25% of the variance is attributed before the start of the weekend, 75% in each session, in qualifying even for each run.
What is then the bonus due to variance?
Well, it depends. The mean value of uniformly distributed variable between 0 and 1 is equal to 0.5. So theoretically every 100 of variance must lead to +50 in driver skill.
But it is valid if you make only one qualifying attempt. Making several qualifying attempts means the best time is retained.
And the best of 2 uniformly distributed random variables between 0 and 1 is not equal to 0.5. It's 2/3.
The best of 3 such variables is =3/4. The best of 4 =4/5.
This means your driver skill increases with the number of qualifying attempts and strives to 1.
Though we should never forget about the weekend part of the variation. It's independent from the number of qualifying runs and its mean value = 0.5
So:
1 flying lap: bonus = 0.25*0.5+0.75*0.5=0.5
2 flying laps: bonus = 0.25*0.5+0.75*2/3=0.625
3 flying laps: bonus = 0.25*0.5+0.75*3/4=0.6875
4 flying laps: bonus = 0.25*0.5+0.75*4/5=0.725
On the other hand, it practically never reaches 0.725. I don't know if it's because I have few data (so the error is considerable, even 100 drivers attempts(or 5 qual x 22 drivers) will not give you enough data to decrease the error below 2%). But maybe there's another factor: fast cars can simply stuck behind slower cars, so when their random value is high, they cannot always convert their high driver skill into a good lap time.

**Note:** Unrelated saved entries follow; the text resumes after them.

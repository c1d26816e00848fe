-- ===== src/Net/World.antt =====
-- What net_stubs.c calls and does not implement: the C allocator, lwIP and the cyw43 driver. Each
-- result may depend on all the calls made before it, so a `World` is any behaviour of theirs.
use pico_ocaml.Prelude.{ℕ, ◌≡◌, Option, some, List, length, Bool}
use pico_ocaml.Prelude.Int.{ℤ}

-- The calls that net_stubs.c makes, with the arguments that matter. A pcb and a pbuf that lwIP owns
-- are handles, other than NULL.
pub data Call : Type 0 where
  malloc : (size : ℕ) → Call
  free : Call
  lwip_begin lwip_end arch_poll : Call
  enable_sta disable_sta link_status : Call
  wifi_connect : (ssid password : List ℕ) → (timeout : ℕ) → Call
  tcp_new udp_new : Call
  tcp_callbacks : (pcb sock_id : ℕ) → Call  -- tcp_arg, tcp_recv, tcp_sent and tcp_err, set
  tcp_no_callbacks : (pcb : ℕ) → Call  -- the same four, with NULL
  tcp_connect : (pcb ip port : ℕ) → Call
  tcp_write : (pcb : ℕ) → List ℕ → Call
  tcp_output tcp_close : (pcb : ℕ) → Call
  tcp_recved : (pcb len : ℕ) → Call
  pbuf_free : Call
  pbuf_alloc : (len : ℕ) → Call
  udp_recv : (pcb sock_id : ℕ) → Call
  udp_bind : (pcb port : ℕ) → Call
  udp_sendto : (pcb ip port : ℕ) → List ℕ → Call
  udp_remove : (pcb : ℕ) → Call
  gethostbyname : (name : List ℕ) → Call
  sleep_ms : (ms : ℕ) → Call

-- newest first
abbrev pub Trace : Type 0
Trace = List Call

-- What `dns_gethostbyname` does: a code, the address that it writes, and, if it has started a
-- query, the polls until its callback comes and the address that the callback is given (none for
-- a name that is not found).
pub record Lookup : Type 0 where
  pub code : ℤ
  pub cached : ℕ
  pub polls : ℕ
  pub answer : Option ℕ

pub record World : Type 0 where
  pub err_ok : ℤ
  pub err_val : ℤ
  pub err_inprogress : ℤ
  pub malloc_result : Trace → ℕ → Option (List ℕ)
  pub tcp_new_result : Trace → Option ℕ
  pub udp_new_result : Trace → Option ℕ
  pub connect_result : Trace → ℤ
  pub write_result : Trace → ℤ
  pub bind_result : Trace → ℤ
  pub sendto_result : Trace → ℤ
  pub pbuf_alloc_result : Trace → ℕ → Bool
  pub wifi_result : Trace → ℤ
  pub link_joined : Trace → Bool
  pub netif_address : Trace → ℕ
  pub lookup_result : Trace → Lookup
  -- `malloc(n)` returns NULL or a block of n bytes.
  pub malloc_length : (t : Trace) (n : ℕ) (b : List ℕ) → malloc_result t n ≡ some b → length b ≡ n
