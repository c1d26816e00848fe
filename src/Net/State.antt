-- ===== src/Net/State.antt =====
-- The state of net_stubs.c, and the monad in which its functions run.
use pico_ocaml.Prelude.{
  ℕ, ◌+◌, ◌-◌, ◌%◌, ◌^◌, Bool, true, false, Option, none, some, List, [], ◌∷◌, ◌++◌, get_elem?, set,
  replicate, take, drop, length, ltb, leb, ◌==◌, if◌then◌else◌, ◌≡◌,
}
use pico_ocaml.Prelude.Int.{ℤ, pos, negsuc, of_word}
use pico_ocaml.Queue.{Event, EventQueue, empty_queue, event_enqueue}
use pico_ocaml.Net.World.{Call, Trace}
use mathlib.Core.Option

-- MAX_SOCKETS and MAX_RECV_BUFFER
abbrev pub max_sockets : ℕ
max_sockets = 8

abbrev pub max_recv_buffer : ℕ
max_recv_buffer = 4096

-- `socket_state_t`
pub data SocketState : Type 0 where
  closed connecting connected listening failed : SocketState

-- `socket_proto_t`
pub data Proto : Type 0 where
  tcp udp : Proto

abbrev pub is_closed : SocketState → Bool
is_closed SocketState.closed = true
is_closed _ = false

abbrev pub is_connected : SocketState → Bool
is_connected SocketState.connected = true
is_connected _ = false

abbrev pub is_tcp : Proto → Bool
is_tcp Proto.tcp = true
is_tcp Proto.udp = false

-- `socket_t`. `pcb` is the union of the two pcb pointers, `none` for NULL. `recv_buf` is the whole
-- block that malloc returned; its first `recv_len` bytes are received data.
pub record Socket : Type 0 where
  pub proto : Proto
  pub state : SocketState
  pub pcb : Option ℕ
  pub recv_buf : Option (List ℕ)
  pub recv_len : ℕ
  pub recv_capacity : ℕ
  pub udp_src_ip : ℕ
  pub udp_src_port : ℕ

-- `memset(&sockets[i], 0, sizeof(socket_t))`
abbrev pub zero_socket : Socket
zero_socket = record {
  proto = Proto.tcp;
  state = SocketState.closed;
  pcb = none;
  recv_buf = none;
  recv_len = 0;
  recv_capacity = 0;
  udp_src_ip = 0;
  udp_src_port = 0;
}

-- The static variables, with the calls made so far.
pub record Net : Type 0 where
  pub sockets : List Socket
  pub queue : EventQueue
  pub net_lock : Bool
  pub net_initialized : Bool
  pub dns_done : Bool
  pub dns_result_ip : ℕ
  pub trace : Trace

abbrev pub boot : Net
boot = record {
  sockets = replicate max_sockets zero_socket;
  queue = empty_queue;
  net_lock = false;
  net_initialized = false;
  dns_done = false;
  dns_result_ip = 0;
  trace = [];
}

-- `none` is a run that goes wrong: an access through NULL or outside an array, or a lock that is
-- waited for in vain.
abbrev pub M : Type 0 → Type 0
M A = Net → Option (A × Net)

abbrev pub pure : {A : Type 0} → A → M A
pure a n = some (a, n)

infixl 5 ◌>>=◌ ◌>>◌
abbrev pub ◌>>=◌ : {A B : Type 0} → M A → (A → M B) → M B
◌>>=◌ m f n = elim (m n) [ none ↦ none | some (a, n') ↦ f a n' ]

abbrev pub ◌>>◌ : {B : Type 0} → M (Unit {0}) → M B → M B
m >> k = m >>= λ _. k

-- `sockets[i]`, read and written
unfoldable pub load : ℕ → M Socket
load i n = Option.map (λ s. (s, n)) (get_elem? n.sockets i)

unfoldable pub store : ℕ → Socket → M (Unit {0})
store i s n = some (tt, record n { sockets = set n.sockets i s })

-- A call of the outside world, and one whose result is used.
unfoldable pub call : Call → M (Unit {0})
call c n = some (tt, record n { trace = c ∷ n.trace })

unfoldable pub ask : {A : Type 0} → Call → (Trace → A) → M A
ask c result n = some (result n.trace, record n { trace = c ∷ n.trace })

-- `event_enqueue(&evt)`, its result ignored: an event that does not fit is dropped.
unfoldable pub enqueue : Event → M (Unit {0})
enqueue e n = some (tt, record n { queue = (event_enqueue e n.queue).1 })

-- `net_lock_acquire` spins while the lock is set. Within one function nobody else runs on this
-- core, so a lock that is set stays set.
unfoldable pub net_lock_acquire : M (Unit {0})
net_lock_acquire n = elim n.net_lock [
  | true ↦ none
  | false ↦ some (tt, record n { net_lock = true })
]

unfoldable pub net_lock_release : M (Unit {0})
net_lock_release n = some (tt, record n { net_lock = false })

abbrev pub lift : {A : Type 0} → Option A → M A
lift o n = Option.map (λ a. (a, n)) o

-- `memcpy` into a block at an offset, and out of its front
abbrev pub write_at : ℕ → List ℕ → List ℕ → Option (List ℕ)
write_at off bytes block =
    if leb (off + length bytes) (length block)
    then some (take off block ++ (bytes ++ drop (off + length bytes) block))
    else none

abbrev pub read_front : ℕ → List ℕ → Option (List ℕ)
read_front n block = if leb n (length block) then some (take n block) else none

-- `size_t` subtraction on the 32-bit target
abbrev pub sub_size : ℕ → ℕ → ℕ
sub_size a b = (a + 2 ^ 32 - b) % 2 ^ 32

-- A `size_t` as lwIP's `u16_t`, and as an `int`
abbrev pub as_u16 : ℕ → ℕ
as_u16 n = n % 2 ^ 16

abbrev pub as_int : ℕ → ℤ
as_int n = of_word (n % 2 ^ 32)

-- `(a < b) ? a : b`
abbrev pub lesser : ℕ → ℕ → ℕ
lesser a b = if ltb a b then a else b

-- `if (sock_id < 0 || sock_id >= MAX_SOCKETS) …`
abbrev pub with_slot : {A : Type 0} → ℤ → M A → (ℕ → M A) → M A
with_slot (pos i) bad k = if ltb i max_sockets then k i else bad
with_slot (negsuc i) bad k = bad

abbrev pub minus_one : ℤ
minus_one = negsuc 0

abbrev pub minus_two : ℤ
minus_two = negsuc 1

-- equality of two `int`s
abbrev pub eq_ℤ : ℤ → ℤ → Bool
eq_ℤ (pos a) (pos b) = a == b
eq_ℤ (negsuc a) (negsuc b) = a == b
eq_ℤ _ _ = false

-- A step that goes well hands its result to the rest.
pub bind-some :
    {A B : Type 0} (m : M A) (f : A → M B) {n n' : Net} {a : A}
    → m n ≡ some (a, n')
    → (m >>= f) n ≡ f a n'
bind-some m f {n} {n'} {a} e = rw (e, ◌>>=◌)

pub load_lem :
    (i : ℕ) (n : Net) {s : Socket} → get_elem? n.sockets i ≡ some s → load i n ≡ some (s, n)
unfolding load
load_lem i n e = rw e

One important consequence:
Your standard deviation drops with the number of runs.
Probability density function of a driver skill for 1 lap qualifying = 1. This means his max skill can be equally everywhere between 0 and 1.
For 2 laps it's equal to 2x (I omit here the weekend part). This means your driver is more likely to be at the right end of the variance.
For 3 laps it's 3x^2, for 4 laps it's 4x^3.
The mean will tend to 1, the field will be concentrated on the right side, but you'll still have some drivers on the left side with huge gaps to the leaders.
These lap times are so bad not because of mistakes, this is how the distribution is programmed. If you simulate 1 run with the same bhp, driver skills, variance*, you will definitely see high density at the top and low density at the bottom. And sometimes you have a higher standard deviation of lap times at lower variance values because the density on the left side is so low that you can have a bad driver at variance 500 and not have it at variance 1000. 1 run with 22 drivers is in this case insufficient to draw conclusions.
* Though variance must be high enough to distinguish it from internal variance which differs from circuit to circuit. And obviously don't forget the weekend part which is good for 25% of driver performance.
And: this counts for qualifying only, not for race. For race it's obviously 0.5.
Consequence #2: there's no need in higher variance for race. It's already de facto higher because several qualifying attempts artificially reduce variance. And if it's a 1-lap qualifying, its results are probably even random as race results.